Learning, Knowledge and Human Development MOOC’s Updates

About Skinner’s comment on free will. What do we make of awareness?

Assuming that our behavior is indeed conditioned and determined by the environment and that therefore free will finds little if no space in this scenario, as sustained by Skinner, what happens when we become aware of it? Is a state of awareness possible, and what would we make of it? Would we then have a choice of actions and free will come back to play at that moment?

Starting with Hariri’s comment on the main difference between humans and animals being imagination[1], humans can become aware and imagine that there’s an environment around them that reinforces a distinctive behavior. We can use Plato’s cave as a metaphor for becoming aware of mechanisms and "truths" we believe to be reality[2].

For example, a slot machine player can well become aware of the fact that the machines are timed to allow a win, and therefore can lead to a loss of money/time in the vast majority of plays.

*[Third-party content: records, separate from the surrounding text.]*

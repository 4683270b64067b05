-- ===== src/Tests/Sessions.antt =====
-- Sessions of a front that come and are answered in turn, and another that interleaves with them.
use gateway_poc.Base.{ℕ, refl, inr, none, some, [], ◌∷◌, ◌++◌}
use gateway_poc.Base.Bytes.{Bytes, codes}
use gateway_poc.Front.Handler.{CheckResult, Writer}
use gateway_poc.Front.Session.{Request, nothing, make_session, run, on_read}
use gateway_poc.Front.Sessions.{
  in_thread, Running, Serving, connected, received, Reach, here, next, opening, Serialized,
  Reach-Serialized,
}
use gateway_poc.Tests.Front.{check_any, count, a_request, a_deletion}

module _ {W : Type 0} (check : Bytes → CheckResult) (write : ℕ → Writer W) where
  abbrev newcomer : ℕ → W → Running check write
  newcomer thread w =
      run (in_thread check write)
        (record { pending = nothing; response = none; world = (thread, w) })

  abbrev asked : ℕ → Request → W → Running check write
  asked thread q w = on_read (in_thread check write) (newcomer thread w) (inr q)

  -- A session comes, and sends its request.
  abbrev pub visit : ℕ → Request → Serving check write → Serving check write
  visit thread q s = record {
    world = (asked thread q s.world).world.1;
    sessions = s.sessions ++ (asked thread q s.world ∷ []);
    served = s.served ++ ((thread, q) ∷ []);
  }

  pub visit-Reach :
      (o : Serving check write) {s : Serving check write} (thread : ℕ) (q : Request)
      → Reach check write o s
      → Reach check write o (visit thread q s)
  unfolding run make_session
  visit-Reach o {s} thread q r =
      next (next r (connected thread (some (codes "10.0.0.7:4711")) _ refl refl))
        (received thread q s.sessions [] (newcomer thread s.world) refl refl refl)

abbrev counting : ℕ → Writer ℕ
counting thread = count

-- Two visits, in two threads.
abbrev two_visits : Serving check_any counting
two_visits =
    visit check_any counting 2 a_deletion
      (visit check_any counting 1 a_request (opening check_any counting 4))

Reach-Serialized_example : Serialized check_any counting 4 two_visits
Reach-Serialized_example = Reach-Serialized check_any counting 4 (
    visit-Reach check_any counting _ 2 a_deletion
      (visit-Reach check_any counting _ 1 a_request here))
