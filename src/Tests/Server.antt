-- ===== src/Tests/Server.antt =====
-- A server whose stream has one entry or none, and whose connection may be lost until it is made
-- again.
use mathlib.Core.List.{append-nil}
use gateway_poc.Base.{
  ◌≡◌, refl, sym, ap, ◌∙◌, ◌⊎◌, inl, inr, Bool, true, false, Option, none, some, List, [], ◌∷◌,
  ◌++◌, if◌then◌else◌, arith,
}
use gateway_poc.Base.Bytes.{Bytes, codes, str_eq}
use gateway_poc.Base.Decimal.{to_string}
use gateway_poc.Common.Config.{RedisConfig}
use gateway_poc.Hiredis.{
  Hiredis, Reply, array, error, other, Command, auth, xadd, xrange, text, redis_ok, err_eof,
}
use gateway_poc.Back.Storage.{IsStorage}
use gateway_poc.Back.Redis.{data_field, messages_stream}
use gateway_poc.Back.Redis.Stream.{StreamEntry, entries_reply}
use gateway_poc.Back.RedisProducer.{redis_producer}
use gateway_poc.Back.RedisProducer.Server.{xdel_text, Safe, Refused, IsStream}
use gateway_poc.Back.RedisProducer.Storage.{streamed, redis_producer-IsStorage}

pub record Single : Type 0 where
  pub up : Bool
  pub full : Bool

abbrev pub an_entry : StreamEntry
an_entry = record { time = 17; sequence = 3; fields = (data_field, codes "hello") ∷ [] }

abbrev pub entries_in : Single → List StreamEntry
entries_in w = if w.full then an_entry ∷ [] else []

abbrev answer : Command → Single → Option Reply × Single
answer (auth user password) w = (some (other 5), w)
answer (xadd stream field value) w = (none, w)
answer (xrange stream n) w = (some (array (entries_reply (entries_in w))), w)
answer (text query) w = (
  some (other 3),
  if str_eq query (xdel_text (an_entry ∷ [])) then record w { full = false } else w,
)

abbrev pub server : Hiredis
server = record {
  World = Single;
  connect = λ host port w. (some 7, record w { up = true });
  reconnect = λ c w. (true, record w { up = true });
  command = λ c asked w. if w.up then answer asked w else (none, w);
  free = λ c w. w;
  err = λ w c. if w.up then redis_ok else err_eof;
  errstr = λ w c. [];
}

abbrev pub GoneFrom : List StreamEntry → Single → Type 0
GoneFrom es w = (w.full ≡ false) ⊎ (es ≡ [])

same-Safe : (w v : Single) → w.full ≡ v.full → Safe server entries_in GoneFrom w v
same-Safe w v e = (
  (
    [],
    ap (λ (b : Bool). if b then an_entry ∷ [] else []) (sym e) ∙ sym (append-nil (entries_in w)),
  ),
  λ es gone. elim gone [ inl left ↦ inl (sym e ∙ left) | inr nothing ↦ inr nothing ],
)

abbrev Present : List StreamEntry → List StreamEntry → Single → Type 0
Present es rest w =
    let r = server.command 7 (text (xdel_text es)) w in
    (GoneFrom es r.1 × ((more : List StreamEntry) × (entries_in r.1 ≡ rest ++ more)))
    ⊎ (Refused r.0 (server.err r.1 7)
        × ((more : List StreamEntry) × (entries_in r.1 ≡ entries_in w ++ more)))

abbrev single : Bool → Bool → Single
single up full = record { up = up; full = full }

present-Present :
    (up full : Bool) (es rest : List StreamEntry)
    → entries_in (single up full) ≡ es ++ rest
    → Present es rest (single up full)
unfolding str_eq to_string
present-Present false full es rest head =
    inr (λ h. cc, ([], sym (append-nil (entries_in (single false full)))))
present-Present true false [] rest head = inl (inl refl, ([], head ∙ sym (append-nil rest)))
present-Present true false (e ∷ es) rest head = cc
present-Present true true [] rest head = inl (inr refl, ([], head ∙ sym (append-nil rest)))
present-Present true true (e ∷ []) rest head =
    let first : an_entry ≡ e = ground arith in
    let behind : rest ≡ [] = ground arith in rw (sym first, behind) (inl (inl refl, ([], refl)))
present-Present true true (e ∷ f ∷ es) rest head = cc

gone-Safe :
    (up full : Bool) (es : List StreamEntry)
    → GoneFrom es (single up full)
    → Safe server entries_in GoneFrom
        (single up full)
        (server.command 7 (text (xdel_text es)) (single up full)).1
unfolding str_eq to_string
gone-Safe false full es gone = same-Safe (single false full) (single false full) refl
gone-Safe true false es gone =
    same-Safe (single true false) (server.command 7 (text (xdel_text es)) (single true false)).1
      (elim (str_eq (xdel_text es) (xdel_text (an_entry ∷ [])))
        as (λ (b : Bool).
          false
          ≡ (if b then record (single true false) { full = false } else single true false).full) [
            | true ↦ refl
            | false ↦ refl
          ])
gone-Safe true true es (inl left) = cc
gone-Safe true true es (inr nothing) =
    rw (nothing) (same-Safe (single true true) (single true true) refl)

answer-Safe :
    (asked : Command) (w : Single)
    → (answer asked w).1 ≡ w
    → Safe server entries_in GoneFrom w (server.command 7 asked w).1
answer-Safe asked w e = same-Safe w (server.command 7 asked w).1 (ground arith)

abbrev Described : Single → Type 0
Described w =
    let r = server.command 7 (xrange messages_stream 10) w in
    (r.0 ≡ none)
    ⊎ ((shown : Bytes) × (r.0 ≡ some (error shown)))
    ⊎ ((es : List StreamEntry) × (rest : List StreamEntry) × (r.0 ≡ some (array (entries_reply es)))
        × (entries_in r.1 ≡ es ++ rest))

xrange-Described : (up full : Bool) → Described (single up full)
xrange-Described false full = inl refl
xrange-Described true full =
    let es = entries_in (single true full) in inr (inr (es, [], refl, sym (append-nil es)))

pub server-IsStream : IsStream server entries_in GoneFrom
server-IsStream = record {
  in_range = λ w. ground arith;
  connect_safe = λ host port w. same-Safe w (record w { up = true }) refl;
  reconnect_safe = λ c w. same-Safe w (record w { up = true }) refl;
  free_safe = λ c w. same-Safe w w refl;
  auth_safe = λ c user password w. answer-Safe (auth user password) w refl;
  xrange_safe = λ c n w. answer-Safe (xrange messages_stream n) w refl;
  xrange_reply = λ c n w. xrange-Described w.up w.full;
  xdel_present = λ c es rest w head. present-Present w.up w.full es rest head;
  xdel_gone = λ c es w gone. gone-Safe w.up w.full es gone;
}

abbrev pub a_config : RedisConfig
a_config = record { host = codes "redis"; port = 6379; user = codes "u"; password = codes "p" }

redis_producer-IsStorage_example :
    IsStorage (redis_producer server a_config 10) (streamed server entries_in)
redis_producer-IsStorage_example =
    redis_producer-IsStorage server entries_in GoneFrom server-IsStream a_config 10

Once becoming aware of it, do we then have a degree of freedom of choice of actions?

 

ABOUT THE ROLE OF TEACHERS IN THE BEHAVIOURIST SCHEME. HOW TO TRAIN AWARENESS IN THE LEARNERS?

The risk of basing a positive reinforcement as a consequence of expected behavior (for example, giving a candy if the homework is done) can lead to the risk that the kid in development years (from kindergarten to elementary school) starts associating “success/self-worth” with a positive external response. Teachers should make it possible for kids and learners to detach this association by transitioning to a reward system in which an encouraged behavior is supported without an external act.

Footnotes

  1. ^ Y.N. Harari, Sapiens: A Brief History of Humankind, 2011.